For some, this will look like flexible core hours and non-mandatory office days. As Kevin Joyner, director of data solutions at Croud, explains, he finishes work at 3:30pm on the days he takes charge of school drop-offs. “This means making up for it with a somewhat early start of 8am and working the one-and-a-half hour train journey to and from work. However, it’s what works for me and my family.

“This allows me to create a lot of value for my company and our clients, without the need for me to compromise on my role as a parent.”

However, for those situations where plans have to change, Thrumble points out that emergency childcare funds can also make a significant difference.

“At R/GA, we have also now signed up for a fantastic initiative called Bubble, offering parents £300 a year to spend towards last-minute childcare issues, and if that works well as a resource we will be looking to increase this amount,” she said.

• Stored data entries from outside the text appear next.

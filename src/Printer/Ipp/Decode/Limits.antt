-- ===== src/Printer/Ipp/Decode/Limits.antt =====
-- A device cannot talk the decoder past its limit.
use kiosk_project.Printer.Ipp.Decode.{
  read_uint32, read_uint16, classify, decode_after_header, TagKind-cases, decode_ipp_response,
  decode_attribute_value, take_field, decode_attribute, decode_groups, new_attribute, DecodeState,
  extend_attribute, close_group, add_value, place_value, open_group,
}
use kiosk_project.Printer.Ipp.{
  IppProtocolError, IppResponse, total_attributes, attribute_outside_group, response_too_large,
  additional_value_without_attribute, IppGroup, TextCodec, IppAttribute, IppValue, IppDecodeLimits,
}
use mathlib.Core.Option.{some-injective}
use kiosk_project.Base.{
  Result-cases, length-append, ok-injective, ap, refuse_if-eq-ok, or_throw-eq-ok, or_throw,
  refuse_if, bind_cases, subst, if-cases, ◌==◌, ltb, ℕ, zero, suc, ◌+◌, ◌≤◌, List, [], ◌∷◌, ◌++◌,
  ok, err, some, none, length, ◌≡◌, refl, arith, inl, inr, Option, Result,
}

total-append :
    (gs hs : List IppGroup)
    → total_attributes (gs ++ hs) ≡ total_attributes gs + total_attributes hs
total-append [] hs = omega arith
total-append (g ∷ gs) hs = omega (arith, total-append gs hs)

-- The count is that of the attributes that are held, and within the limit.
pub record IsCounted (limits : IppDecodeLimits) (st : DecodeState) : Type 0 where
  pub counted : total_attributes (close_group st) ≡ st.attribute_count
  pub within : st.attribute_count ≤ limits.max_attributes

prepended-length :
    (o : Option (List IppAttribute)) (a : IppAttribute) (n : ℕ) (longer : List IppAttribute)
    → ((later : List IppAttribute) → o ≡ some later → length later ≡ n)
    → elim o [ none ↦ none | some later ↦ some (a ∷ later) ] ≡ some longer
    → length longer ≡ suc n
prepended-length none a n longer h e = absurd (cc)
prepended-length (some later) a n longer h e =
    subst (λ x. length x ≡ suc n) (some-injective _ _ e) (ap (λ m. suc m) (h later refl))

add_value-length :
    (v : IppValue) (attributes longer : List IppAttribute)
    → add_value v attributes ≡ some longer
    → length longer ≡ length attributes
unfolding add_value
add_value-length v [] longer e = absurd (cc)
add_value-length v (a ∷ []) longer e = subst (λ x. length x ≡ 1) (some-injective _ _ e) refl
add_value-length v (a ∷ b ∷ rest) longer e =
    prepended-length (add_value v (b ∷ rest)) a (suc (length rest)) longer
      (λ later n. add_value-length v (b ∷ rest) later n) e

open_group-IsCounted :
    (limits : IppDecodeLimits) (tag : ℕ) (st : DecodeState)
    → IsCounted limits st
    → IsCounted limits (open_group tag st)
unfolding open_group close_group
open_group-IsCounted limits tag st c = record {
  counted = omega (
    arith,
    c.counted,
    total-append (close_group st) (record { tag = tag; attributes = [] } ∷ []),
  );
  within = c.within;
}

closed_group :
    (st : DecodeState) (g : IppGroup) → st.group ≡ some g → close_group st ≡ st.groups ++ g ∷ []
unfolding close_group
closed_group st g e = rw (close_group, e) refl

extend_attribute-IsCounted :
    (limits : IppDecodeLimits) (st next : DecodeState) (g : IppGroup) (v : IppValue)
    → IsCounted limits st
    → st.group ≡ some g
    → extend_attribute st g v ≡ ok next
    → IsCounted limits next
unfolding extend_attribute close_group
extend_attribute-IsCounted limits st next g v c e h =
    bind_cases (or_throw (add_value v g.attributes) additional_value_without_attribute) _ h
      λ longer i j.
        let same_length =
          add_value-length v g.attributes longer
            (or_throw-eq-ok (add_value v g.attributes) additional_value_without_attribute i) in
        let before =
          subst (λ x. total_attributes x ≡ st.attribute_count) (closed_group st g e) c.counted in
        subst (IsCounted limits) (ok-injective j) (record {
          counted = omega (
            arith,
            before,
            same_length,
            total-append st.groups (g ∷ []),
            total-append st.groups (record g { attributes = longer } ∷ []),
          );
          within = c.within;
        })

new_attribute-IsCounted :
    (limits : IppDecodeLimits) (st next : DecodeState) (g : IppGroup) (a : IppAttribute)
    → IsCounted limits st
    → st.group ≡ some g
    → new_attribute limits st g a ≡ ok next
    → IsCounted limits next
unfolding new_attribute close_group
new_attribute-IsCounted limits st next g a c e h =
    bind_cases (refuse_if (ltb limits.max_attributes (st.attribute_count + 1)) response_too_large) _
      h
      λ u i j.
        let room = refuse_if-eq-ok _ _ i in
        let before =
          subst (λ x. total_attributes x ≡ st.attribute_count) (closed_group st g e) c.counted in
        subst (IsCounted limits) (ok-injective j) (record {
          counted = omega (
            arith,
            before,
            length-append g.attributes (a ∷ []),
            total-append st.groups (g ∷ []),
            total-append st.groups (record g { attributes = g.attributes ++ a ∷ [] } ∷ []),
          );
          within = ground (arith, room);
        })

place_value-IsCounted :
    (codec : TextCodec) (limits : IppDecodeLimits) (st next : DecodeState) (g : IppGroup) (tag : ℕ)
    (name_bytes : List ℕ) (v : IppValue)
    → IsCounted limits st
    → st.group ≡ some g
    → place_value codec limits st g tag name_bytes v ≡ ok next
    → IsCounted limits next
unfolding place_value extend_attribute new_attribute
place_value-IsCounted codec limits st next g tag name_bytes v c e h =
    let fresh : IppAttribute = record {
      name = codec.decode_text name_bytes;
      tag = tag;
      values = v ∷ [];
    } in
    elim (if-cases (length name_bytes == 0) (extend_attribute st g v)
      (new_attribute limits st g fresh) (ok next) h) [
        | inl (k, i) ↦ extend_attribute-IsCounted limits st next g v c e i
        | inr (k, i) ↦ new_attribute-IsCounted limits st next g fresh c e i
      ]

decode_attribute-IsCounted :
    (codec : TextCodec) (limits : IppDecodeLimits) (st next : DecodeState) (tag : ℕ)
    (bytes rest : List ℕ)
    → IsCounted limits st
    → decode_attribute codec limits st tag bytes ≡ ok (next, rest)
    → IsCounted limits next
unfolding decode_attribute
decode_attribute-IsCounted codec limits st next tag bytes rest c h =
    bind_cases (take_field limits.max_value_bytes bytes) _ h λ name g j.
      bind_cases (take_field limits.max_value_bytes name.1) _ j λ raw k l.
        bind_cases (or_throw st.group attribute_outside_group) _ l λ group m n.
          bind_cases (decode_attribute_value codec limits tag raw.0) _ n λ value o p.
            bind_cases (place_value codec limits st group tag name.0 value) _ p λ placed q r.
              let same_state : placed ≡ next = ap (λ p. p.0) (ok-injective r) in
              subst (IsCounted limits) same_state (
                place_value-IsCounted codec limits st placed group tag name.0 value c
                  (or_throw-eq-ok st.group attribute_outside_group m) q)

decode_groups-within :
    (codec : TextCodec) (limits : IppDecodeLimits) (fuel : ℕ) (st : DecodeState) (bytes : List ℕ)
    (gs : List IppGroup)
    → IsCounted limits st
    → decode_groups codec limits fuel st bytes ≡ some (ok gs)
    → total_attributes gs ≤ limits.max_attributes
unfolding decode_groups
decode_groups-within codec limits zero st bytes gs c = λ h. absurd (cc)
decode_groups-within codec limits (suc fuel) st [] gs c = λ h. absurd (cc)
decode_groups-within codec limits (suc fuel) st (tag ∷ rest) gs c =
    elim (TagKind-cases (classify tag)) [
      | inl e ↦
          rw (decode_groups, e)
            (λ h.
              let held : close_group st ≡ gs = ok-injective (some-injective _ _ h) in
              let bound = c.within in
              subst (λ x. total_attributes x ≤ limits.max_attributes) held
                (omega (arith, c.counted, bound)))
      | inr (inl e) ↦
          rw (decode_groups, e)
            (λ h.
              decode_groups-within codec limits fuel (open_group tag st) rest gs
                (open_group-IsCounted limits tag st c) h)
      | inr (inr e) ↦ elim (Result-cases (decode_attribute codec limits st tag rest)) [
        | inr (error, f) ↦ rw (decode_groups, e, f) (λ h. absurd (cc))
        | inl ((next, left), f) ↦
            rw (decode_groups, e, f)
              (λ h.
                decode_groups-within codec limits fuel next left gs
                  (decode_attribute-IsCounted codec limits st next tag rest left c f) h)
      ]
    ]

after_header-within :
    (codec : TextCodec) (limits : IppDecodeLimits) (status_code request_id : ℕ) (bytes : List ℕ)
    (response : IppResponse) (decoded : Option (Result IppProtocolError (List IppGroup)))
    → decode_groups codec limits
        (length bytes + 1)
        (record { groups = []; group = none; attribute_count = 0 })
        bytes
      ≡ decoded
    → decode_after_header codec limits status_code request_id bytes ≡ some (ok response)
    → total_attributes response.groups ≤ limits.max_attributes
unfolding decode_after_header close_group
after_header-within codec limits status_code request_id bytes response none e =
    rw (decode_after_header, e) (λ h. absurd (cc))
after_header-within codec limits status_code request_id bytes response (some (err error)) e =
    rw (decode_after_header, e) (λ h. absurd (cc))
after_header-within codec limits status_code request_id bytes response (some (ok gs)) e =
    rw (decode_after_header, e)
      (λ h.
        let same_groups : gs ≡ response.groups =
          ap (λ r. r.groups) (ok-injective (some-injective _ _ h)) in
        let start : DecodeState = record { groups = []; group = none; attribute_count = 0 } in
        subst (λ x. total_attributes x ≤ limits.max_attributes) same_groups
          (decode_groups-within codec limits (length bytes + 1) start bytes gs
            (record { counted = refl; within = omega arith }) e))

-- A decoded response never holds more attributes than the limit, whatever the bytes are.
pub decode_ipp_response-within :
    (codec : TextCodec) (limits : IppDecodeLimits) (bytes : List ℕ) (response : IppResponse)
    → decode_ipp_response codec limits bytes ≡ some (ok response)
    → total_attributes response.groups ≤ limits.max_attributes
unfolding decode_ipp_response
decode_ipp_response-within codec limits [] response decoded = absurd (cc)
decode_ipp_response-within codec limits (a ∷ []) response decoded = absurd (cc)
decode_ipp_response-within codec limits (a ∷ b ∷ []) response decoded = absurd (cc)
decode_ipp_response-within codec limits (a ∷ b ∷ c ∷ []) response decoded = absurd (cc)
decode_ipp_response-within codec limits (a ∷ b ∷ c ∷ d ∷ []) response decoded = absurd (cc)
decode_ipp_response-within codec limits (a ∷ b ∷ c ∷ d ∷ e ∷ []) response decoded = absurd (cc)
decode_ipp_response-within codec limits (a ∷ b ∷ c ∷ d ∷ e ∷ f ∷ []) response decoded = absurd (cc)
decode_ipp_response-within codec limits (a ∷ b ∷ c ∷ d ∷ e ∷ f ∷ g ∷ []) response decoded =
    absurd (cc)
decode_ipp_response-within codec limits (a ∷ b ∷ c ∷ d ∷ e ∷ f ∷ g ∷ h ∷ []) response decoded =
    absurd (cc)
decode_ipp_response-within codec limits (_ ∷ _ ∷ a ∷ b ∷ c ∷ d ∷ e ∷ f ∷ first ∷ rest) response
      decoded =
    after_header-within codec limits (read_uint16 a b) (read_uint32 c d e f) (first ∷ rest) response
      _ refl decoded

At M&C Saatchi Group, two new initiatives have been announced to aid working parents, including a centralized booking system and specialist content platform provided by Bright Horizons that will assist staff in accessing emergency care within two hours, whether they need in-home childcare, nursery care, a childminder, a holiday club or an eldercare specialist.

Accommodating the unexpected is crucial, says James Wigley, chief commercial officer at Jungle Creations. “My intentions for the first few weeks following the birth of my daughter were pretty standard as a secondary caregiver – take a couple of weeks and then return to work as normal as soon as possible.

“However, my daughter’s complicated birth resulted in me being the primary caregiver to our baby for the first six weeks, but thanks to Jungle’s extended period of leave and flexible approach to working, I was able to be fully present for my family when they needed me most.

“Parental policies are not something people generally consider until they have an immediate impact on a person’s life. And so when my family needed compassionate policies, it was incredibly comforting to know that Jungle had forward-thinking initiatives in place to support us.”

Wigley also implores that flexible parenting policies should be tied in with wider compassionate policies that support parents not just after birth and during childcare, but also “for couples grieving a miscarriage or going through IVF”.

In order to meaningfully address the soaring cost of childcare, agencies must proactively listen to workers and ensure they are advocating for an equitable, modern and family-friendly workplace by implementing robust policies to accommodate flexibility and help employees navigate the pressures of work and family life. If they don’t, they risk losing talent and contributing to wider disparities in gender pay equality.